I have been reading the 37 Signals Book Rework. While I don't agree with everything, the overall messages in it are dead-on. Every entrepreneur who has dreams of being the next Techcrunch traffic spike should read it; BEFORE they start.

No one thinks about product management when they start building an application. The entreprenuer assumes the role because it is their idea. What they don't realize is that over time the idea evolves and they are no longer suited to manage it from inception to execution. Features get added daily in response to the proverbial "What If..."

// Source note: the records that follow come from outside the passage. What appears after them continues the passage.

-- ===== src/Pooled/Linked.antt =====
-- The lists that the slots of src/pooled_order_book.cpp form: a level's chain of orders and the
-- chain of free slots.
use orda_book.Prelude.{ℕ, ◌≡◌, ◌≢◌, refl, ap, false, true, List, [], ◌∷◌, ◌++◌, All, length, arith}
use orda_book.Types.{Price}
use orda_book.OrderBook.State.{Order}
use orda_book.OrderBook.State
use orda_book.Pooled.State.{SlotIndex, OrderSlot, SlotArray, write, PriceLevel}

-- An order of the baseline engine, and the slot that holds it.
pub record Cell : Type 0 where
  pub slot : SlotIndex
  pub order : Order

pub record LinkedLevel : Type 0 where
  pub price : Price
  pub total_qty : ℕ
  pub cells : List Cell

abbrev pub first_or : SlotIndex → List Cell → SlotIndex
first_or stop [] = stop
first_or stop (c ∷ cs) = c.slot

abbrev pub last_or : SlotIndex → List Cell → SlotIndex
last_or prev [] = prev
last_or prev (c ∷ cs) = last_or c.slot cs

abbrev pub orders_of : List Cell → List Order
orders_of [] = []
orders_of (c ∷ cs) = c.order ∷ orders_of cs

-- What each of the two engines stores for a level.
abbrev pub pooled_level : LinkedLevel → PriceLevel
pooled_level g = record {
  price = g.price;
  total_qty = g.total_qty;
  head = first_or 0 g.cells;
  tail = last_or 0 g.cells;
  order_count = length g.cells;
}

abbrev pub base_level : LinkedLevel → State.PriceLevel
base_level g = record { price = g.price; total_qty = g.total_qty; orders = orders_of g.cells }

abbrev pub slot_of : Order → SlotIndex → SlotIndex → OrderSlot
slot_of order prev next = record {
  order_id = order.order_id;
  side = order.side;
  price = order.price;
  qty = order.qty;
  prev = prev;
  next = next;
  free_next = 0;
  live = true;
}

-- The slots hold the orders of the cells, linked from `prev` to `stop`.
abbrev pub Linked : SlotArray → SlotIndex → List Cell → SlotIndex → Type 0
Linked slots prev [] stop = Unit {0}
Linked slots prev (c ∷ cs) stop =
    (c.slot ≢ 0)
    × (slots c.slot ≡ slot_of c.order prev (first_or stop cs))
    × Linked slots c.slot cs stop

-- The free slots, from the head on.
abbrev pub FreeChain : SlotArray → SlotIndex → List SlotIndex → Type 0
FreeChain slots head [] = head ≡ 0
FreeChain slots head (i ∷ is) =
    (head ≡ i)
    × (i ≢ 0)
    × ((slots i).live ≡ false)
    × All (λ j. j ≢ i) is
    × FreeChain slots (slots i).free_next is

abbrev pub Apart : Cell → Cell → Type 0
Apart c d = (c.slot ≢ d.slot) × (c.order.order_id ≢ d.order.order_id)

abbrev pub Distinct : List Cell → Type 0
Distinct [] = Unit {0}
Distinct (c ∷ cs) = All (Apart c) cs × Distinct cs

abbrev pub Off : SlotIndex → List Cell → Type 0
Off i = All (λ c. c.slot ≢ i)

pub write_here : (i : SlotIndex) (v : OrderSlot) (s : SlotArray) → write i v s i ≡ v
unfolding write
write_here i v s = ground arith

pub write_there : (i j : SlotIndex) (v : OrderSlot) (s : SlotArray) → j ≢ i → write i v s j ≡ s j
unfolding write
write_there i j v s n = ground arith

-- A chain reads only its own slots.
pub Linked-frame :
    (s s' : SlotArray) (prev stop : SlotIndex) (cs : List Cell)
    → All (λ c. s' c.slot ≡ s c.slot) cs
    → Linked s prev cs stop
    → Linked s' prev cs stop
Linked-frame s s' prev stop [] f h = tt
Linked-frame s s' prev stop (c ∷ cs) (e, f) (n, h, hs) =
    (n, cc, Linked-frame s s' c.slot stop cs f hs)

pub Linked-write :
    (i : SlotIndex) (v : OrderSlot) (s : SlotArray) (prev stop : SlotIndex) (cs : List Cell)
    → Off i cs
    → Linked s prev cs stop
    → Linked (write i v s) prev cs stop
Linked-write i v s prev stop [] o h = tt
Linked-write i v s prev stop (c ∷ cs) (o, os) (n, h, hs) =
    (n, rw (write_there i c.slot v s o) h, Linked-write i v s c.slot stop cs os hs)

pub FreeChain-frame :
    (s s' : SlotArray) (head : SlotIndex) (is : List SlotIndex)
    → All (λ i. s' i ≡ s i) is
    → FreeChain s head is
    → FreeChain s' head is
FreeChain-frame s s' head [] f h = h
FreeChain-frame s s' head (i ∷ is) (e, f) (a, n, l, d, h) =
    (a, n, rw e l, d, rw e (FreeChain-frame s s' (s i).free_next is f h))

-- A slot in use is not free.
pub FreeChain-live :
    (s : SlotArray) (head j : SlotIndex) (is : List SlotIndex)
    → FreeChain s head is
    → (s j).live ≡ true
    → All (λ i. i ≢ j) is
FreeChain-live s head j [] h l = tt
FreeChain-live s head j (i ∷ is) (a, n, f, d, h) l = (
  λ e. let e' : (s i).live ≡ (s j).live = (λ k. (s (e k)).live) in absurd (cc),
  FreeChain-live s (s i).free_next j is h l,
)

pub FreeChain-write :
    (i : SlotIndex) (v : OrderSlot) (s : SlotArray) (head : SlotIndex) (is : List SlotIndex)
    → All (λ j. j ≢ i) is
    → FreeChain s head is
    → FreeChain (write i v s) head is
FreeChain-write i v s head [] o h = h
FreeChain-write i v s head (j ∷ is) (o, os) (a, n, l, d, h) =
    let e = write_there i j v s o in
    (a, n, rw e l, d, rw e (FreeChain-write i v s (s j).free_next is os h))

-- A free slot is not in the chain of a level.
pub Linked-free :
    (s : SlotArray) (prev stop i : SlotIndex) (cs : List Cell)
    → (s i).live ≡ false
    → Linked s prev cs stop
    → Off i cs
Linked-free s prev stop i [] l h = tt
Linked-free s prev stop i (c ∷ cs) l (n, e, hs) = (
  (λ q.
      let q' : (s c.slot).live ≡ (s i).live = (λ k. (s (q k)).live) in
      let e' : (s c.slot).live ≡ true = (λ k. (e k).live) in absurd (cc)),
  Linked-free s c.slot stop i cs l hs,
)

pub FreeChain-free :
    (s : SlotArray) (head : SlotIndex) (is : List SlotIndex)
    → FreeChain s head is
    → All (λ i. (s i).live ≡ false) is
FreeChain-free s head [] h = tt
FreeChain-free s head (i ∷ is) (a, n, f, d, h) = (f, FreeChain-free s (s i).free_next is h)

first_or-append :
    (stop : SlotIndex) (xs ys : List Cell)
    → first_or stop (xs ++ ys) ≡ first_or (first_or stop ys) xs
first_or-append stop [] ys = refl
first_or-append stop (x ∷ xs) ys = refl

pub last_or-append :
    (prev : SlotIndex) (xs ys : List Cell) → last_or prev (xs ++ ys) ≡ last_or (last_or prev xs) ys
last_or-append prev [] ys = refl
last_or-append prev (x ∷ xs) ys = last_or-append x.slot xs ys

pub orders_of-append : (xs ys : List Cell) → orders_of (xs ++ ys) ≡ orders_of xs ++ orders_of ys
orders_of-append [] ys = refl
orders_of-append (x ∷ xs) ys = ap (◌∷◌ x.order) (orders_of-append xs ys)

-- Two chains that meet are one.
pub Linked-append :
    (s : SlotArray) (prev stop : SlotIndex) (xs ys : List Cell)
    → Linked s prev xs (first_or stop ys)
    → Linked s (last_or prev xs) ys stop
    → Linked s prev (xs ++ ys) stop
Linked-append s prev stop [] ys h k = k
Linked-append s prev stop (x ∷ xs) ys (n, e, hs) k =
    (n, rw (first_or-append stop xs ys) e, Linked-append s x.slot stop xs ys hs k)

pub Linked-split :
    (s : SlotArray) (prev stop : SlotIndex) (xs ys : List Cell)
    → Linked s prev (xs ++ ys) stop
    → Linked s prev xs (first_or stop ys) × Linked s (last_or prev xs) ys stop
Linked-split s prev stop [] ys h = (tt, h)
Linked-split s prev stop (x ∷ xs) ys (n, e, hs) =
    let (a, b) = Linked-split s x.slot stop xs ys hs in
    ((n, rw (first_or-append stop xs ys) at e, a), b)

Let me tell you from experience, having seen the demise of a startup with $1M+ invested, features are your enemy. There's a section in Rework called Progress. Read it. Own it. Live it. Here's the index:

  • Embrace constraints
  • Build half, not half-ass
  • Start at the epicenter
  • Ignore the details early on
  • Making the call is making progress
  • Be a curator
  • Throw less at the problem
  • Focus on what won't change
  • Tone is in your fingers
  • Sell your by-products
  • Launch now

You don't have to read the book or be a product management genius to get the point. Here are a few words of wisdom that I share with our clients:

  1. Create Your Yardstick - Define The Core. In 2 sentences (MAX), define what your application is and does. That is your yard stick. Every feature should be measured against it. If it doesn't add value to the core, it's just noise.
  2. Launch with 3 features, not 30. Get Feedback. Until you launch your application and have real users plugging away at it, what you think people want is just that. What YOU THINK. What you would want isn't always what everyone else wants.
  3. Evaluate Features Objectively. Use a product matrix to list features and evaluate them against business goals. Uploading pictures to a profile page is great, but does it directly increase your revenue or build a bigger community?
  4. Features are Put on Hold. Just because you strip out something today, doesn't mean it can't be added back in tomorrow. Chances are when you actually do add it back, it will be twice as good.
  5. Users Need Simplicity. The more options and choices you give someone the more opportunity you create for confusion, frustration and ultimately abandonment. Keep it simple. Let the 5% of people that want 25 configuration options suffer, not the 95% who don't care.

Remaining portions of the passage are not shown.